Luis Geraldes is a Portuguese-Australian artist based in Gippsland, Victoria. In March of this year, Geraldes assembled over 5,000 tiles he had created using traditional Portuguese tilling techniques, and transformed what was once a cement and asphalt landscape into living colour, with intricate patterns and symbols.
Geraldes was commissioned by Marrickville Council to create a mural in Audley Street, Petersham, as part of a street‑scaping project.
I asked Luis why Marrickville Council had chosen him to create the mural: “I think it’s to do with my background. Actually, the time they contacted me I was overseas, and I said ‘look, you’ve just contacted me in Portugal, it’s 3 o’clock in the morning for God’s sake! What’s going on?’” [He laughs], “‘Oh’, he said, ‘ok then I’ll get in touch with you later’.”
Fortunately they did, and Petersham now has a bright band of colour on Audley Street entitled Fragile World in Constant Expansion. Geraldes expanded on the title of the mural: “The idea of that is that we are, in fact, a very fragile planet and a fragile cosmos and a fragile universe – or groups of universes – and, accepting the scientific views on cosmic development, we are in constant evolution. From the big bang to the eventual big crunch. … I really love the work, I mean I put one year of my life into that work and it’s so rich, so symbolic, so strong.”
The Audley Street mural stands over ten feet high. Its yellow background illuminates the Portuguese cultural symbols that seem to call out to the passer-by. The mural narrates the evolution of the universe in a way that has an almost hypnotic affect on the viewer. Geraldes: “My work deals with the spiritual in art. It deals with the hidden order behind the subject matter. The amalgamation of colours and symbols and shapes that I use in my paintings create this sort of magnetic field and magnetic power that when people look at them they get grabbed into that.”
Luis Geraldes was born in Portugal in 1957. He immigrated to Australia in 1985 and became an Australian citizen in 1987. He has collections all over the world, including Canada, Portugal, France, Germany, Spain, Israel and the USA.
Geraldes explained why he chose to settle in Australia: “Australia in Europe is sort of this paradisiac, sort of a dream that everyone dreams about. It’s seen as one of the lost worlds, away from everything, and I had this fascination about that idea and just went to the Australian embassy and applied. They said ‘look you’ve got 30 days to take it or leave it’. I didn’t really have time to think about it. I just, ‘yeah, well, why not, let’s go’. … It’s a beautiful country. No war, plenty of land, very spacious, a beautiful landscape and magic.

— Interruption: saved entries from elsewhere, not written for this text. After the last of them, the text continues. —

-- ===== src/RateLimit/Bounds.antt =====
-- What the token bucket hands out.
use native.Mathlib.Nat.{add-mul}
use docmesh.Prelude.{
  ℕ, ◌+◌, ◌-◌, ◌*◌, ◌≤◌, ◌≡◌, refl, sym, ap, ◌∙◌, subst, true, false, List, [], ◌∷◌, leb,
  if◌then◌else◌, Bool-cases, inl, inr, arith,
}
use docmesh.RateLimit.{TokenBucket, refill, try_acquire, acquire_all}

-- The clock does not go back, from `last` on, and stays by `until`.
abbrev pub IsClock : ℕ → ℕ → List (ℕ × ℕ) → Type 0
IsClock last until [] = last ≤ until
IsClock last until ((now, cost) ∷ calls) = (last ≤ now) × IsClock now until calls

elapsed :
    (last now until rate : ℕ)
    → last ≤ now
    → now ≤ until
    → (until - last) * rate ≡ (now - last) * rate + (until - now) * rate
elapsed last now until rate h k =
    let split : until - last ≡ (now - last) + (until - now) = omega arith in
    ap (λ n. n * rate) split ∙ add-mul (now - last) (until - now) rate

until_ge : (calls : List (ℕ × ℕ)) (last until : ℕ) → IsClock last until calls → last ≤ until
until_ge [] last until h = h
until_ge ((now, cost) ∷ calls) last until h = omega (arith, h.0, until_ge calls now until h.1)

acquire_bound :
    (now cost : ℕ) (b : TokenBucket)
    → (if (try_acquire now cost b).0.0 then cost else 0) + (try_acquire now cost b).1.tokens
      ≤ b.tokens + (now - b.last) * b.rate
unfolding try_acquire
acquire_bound now cost b = elim (Bool-cases (leb cost (refill now b).tokens)) [
  | inl enough ↦ rw enough (ground arith)
  | inr short ↦ rw short (ground arith)
]

try_acquire-last :
    (now cost : ℕ) (b : TokenBucket)
    → ((try_acquire now cost b).1.last ≡ now) × ((try_acquire now cost b).1.rate ≡ b.rate)
unfolding try_acquire
try_acquire-last now cost b = elim (Bool-cases (leb cost (refill now b).tokens)) [
  | inl enough ↦ rw enough (refl, refl)
  | inr short ↦ rw short (refl, refl)
]

-- While the clock does not go back, the tokens that the calls were given are at most those that the
-- bucket had and those that the time until then adds.
pub acquire_all-bound :
    (calls : List (ℕ × ℕ)) (until : ℕ) (b : TokenBucket)
    → IsClock b.last until calls
    → (acquire_all calls b).0 ≤ b.tokens + (until - b.last) * b.rate
unfolding acquire_all
acquire_all-bound [] until b h = omega arith
acquire_all-bound ((now, cost) ∷ calls) until b h =
    let b' = (try_acquire now cost b).1 in
    let (last_eq, rate_eq) = try_acquire-last now cost b in
    let first = acquire_bound now cost b in
    let rest : (acquire_all calls b').0 ≤ b'.tokens + (until - now) * b.rate =
      subst (λ l. (acquire_all calls b').0 ≤ b'.tokens + (until - l) * b.rate) last_eq
        (subst (λ q. (acquire_all calls b').0 ≤ b'.tokens + (until - b'.last) * q) rate_eq
          (acquire_all-bound calls until b'
            (subst (λ l. IsClock l until calls) (sym last_eq) h.1))) in
    let sum = elapsed b.last now until b.rate h.0 (until_ge calls now until h.1) in
    omega (arith, first, rest, sum)

-- A call that is refused tells what is missing: once the time adds that, and the bucket is large
-- enough, the call is allowed.
pub try_acquire-retry :
    (now later cost : ℕ) (b : TokenBucket)
    → cost ≤ b.capacity
    → (try_acquire now cost b).0.0 ≡ false
    → (try_acquire now cost b).0.1 ≤ (later - now) * b.rate
    → (try_acquire later cost (try_acquire now cost b).1).0.0 ≡ true
unfolding try_acquire
try_acquire-retry now later cost b fits refused waited =
    elim (Bool-cases (leb cost (refill now b).tokens)) [
      | inl enough ↦ let bad : true ≡ false = rw enough at refused in cc
      | inr short ↦
          let missing : cost - (refill now b).tokens ≤ (later - now) * b.rate =
            rw short at waited in
          rw short (ground arith)
    ]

This country is a magic place.”
I asked Geraldes what he meant by Australia being a “magic place”: “There is something special about Australian land that makes it very ‘magic’ or spiritual. Perhaps the extension, the horizon, being so old, its features of the landscape and most of all its relationship with the Aborigines, being such an old culture. Whatever it is, I feel the air is special and magic around certain areas of the country.”
Irrespective of what it is that drew Luis Geraldes here, his presence is testament to our good fortune at the rich cultural diversity and artistic expression that nourishes Australian soil.